(Saved entries)
=-=-=-=-=

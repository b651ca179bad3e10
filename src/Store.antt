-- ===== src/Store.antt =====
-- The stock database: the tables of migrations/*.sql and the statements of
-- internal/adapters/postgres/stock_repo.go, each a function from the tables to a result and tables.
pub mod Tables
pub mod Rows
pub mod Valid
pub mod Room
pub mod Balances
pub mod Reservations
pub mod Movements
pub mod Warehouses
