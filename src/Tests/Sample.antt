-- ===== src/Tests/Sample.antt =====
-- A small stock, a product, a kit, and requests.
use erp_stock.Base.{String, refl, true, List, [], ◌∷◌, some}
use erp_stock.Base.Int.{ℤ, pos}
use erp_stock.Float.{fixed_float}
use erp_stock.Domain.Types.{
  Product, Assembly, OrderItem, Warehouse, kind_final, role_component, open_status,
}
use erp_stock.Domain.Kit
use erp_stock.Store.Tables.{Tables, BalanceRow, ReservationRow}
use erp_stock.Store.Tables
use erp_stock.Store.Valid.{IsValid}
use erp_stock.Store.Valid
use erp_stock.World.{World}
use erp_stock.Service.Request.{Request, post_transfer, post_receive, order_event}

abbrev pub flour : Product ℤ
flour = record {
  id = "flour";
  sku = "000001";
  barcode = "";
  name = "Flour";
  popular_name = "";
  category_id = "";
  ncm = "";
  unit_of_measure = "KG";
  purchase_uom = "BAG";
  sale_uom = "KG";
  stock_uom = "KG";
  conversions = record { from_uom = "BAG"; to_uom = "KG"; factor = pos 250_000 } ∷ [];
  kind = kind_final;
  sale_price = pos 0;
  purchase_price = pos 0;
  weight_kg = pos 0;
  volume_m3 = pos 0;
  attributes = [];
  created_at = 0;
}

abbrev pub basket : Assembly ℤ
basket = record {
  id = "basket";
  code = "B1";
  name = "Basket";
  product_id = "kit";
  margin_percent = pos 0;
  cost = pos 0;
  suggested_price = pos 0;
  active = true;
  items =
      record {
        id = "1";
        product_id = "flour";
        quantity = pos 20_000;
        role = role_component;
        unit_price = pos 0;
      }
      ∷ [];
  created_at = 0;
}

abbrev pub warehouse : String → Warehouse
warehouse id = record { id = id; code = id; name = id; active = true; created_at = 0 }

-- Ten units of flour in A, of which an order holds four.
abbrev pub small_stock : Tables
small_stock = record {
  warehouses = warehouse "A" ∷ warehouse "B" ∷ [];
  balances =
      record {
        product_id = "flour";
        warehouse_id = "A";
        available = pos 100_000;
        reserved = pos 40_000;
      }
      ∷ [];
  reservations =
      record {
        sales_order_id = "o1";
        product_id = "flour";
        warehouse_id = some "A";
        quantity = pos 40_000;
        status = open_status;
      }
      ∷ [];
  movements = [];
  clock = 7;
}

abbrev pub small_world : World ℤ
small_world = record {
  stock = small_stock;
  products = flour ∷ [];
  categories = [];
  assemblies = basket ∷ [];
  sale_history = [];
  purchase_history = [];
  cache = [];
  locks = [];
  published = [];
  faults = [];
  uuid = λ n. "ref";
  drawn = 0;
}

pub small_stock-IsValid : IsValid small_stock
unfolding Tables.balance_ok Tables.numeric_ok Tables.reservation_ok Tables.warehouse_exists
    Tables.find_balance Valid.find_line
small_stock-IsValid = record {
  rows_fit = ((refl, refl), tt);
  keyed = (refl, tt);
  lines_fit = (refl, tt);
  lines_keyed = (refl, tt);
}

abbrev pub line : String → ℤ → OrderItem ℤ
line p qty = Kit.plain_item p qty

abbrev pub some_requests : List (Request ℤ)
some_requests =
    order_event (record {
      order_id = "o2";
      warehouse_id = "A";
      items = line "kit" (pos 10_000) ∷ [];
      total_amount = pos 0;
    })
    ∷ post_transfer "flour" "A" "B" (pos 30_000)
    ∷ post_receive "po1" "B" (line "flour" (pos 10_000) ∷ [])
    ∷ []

=-=-=-=-=

▸ **Aim of the task**:
Go through the data, and copy each line in which the word "refl" appears.

▸ **Problem solution**:
use erp_stock.Base.{String, refl, true, List, [], ◌∷◌, some}
  rows_fit = ((refl, refl), tt);
  keyed = (refl, tt);
  lines_fit = (refl, tt);
  lines_keyed = (refl, tt);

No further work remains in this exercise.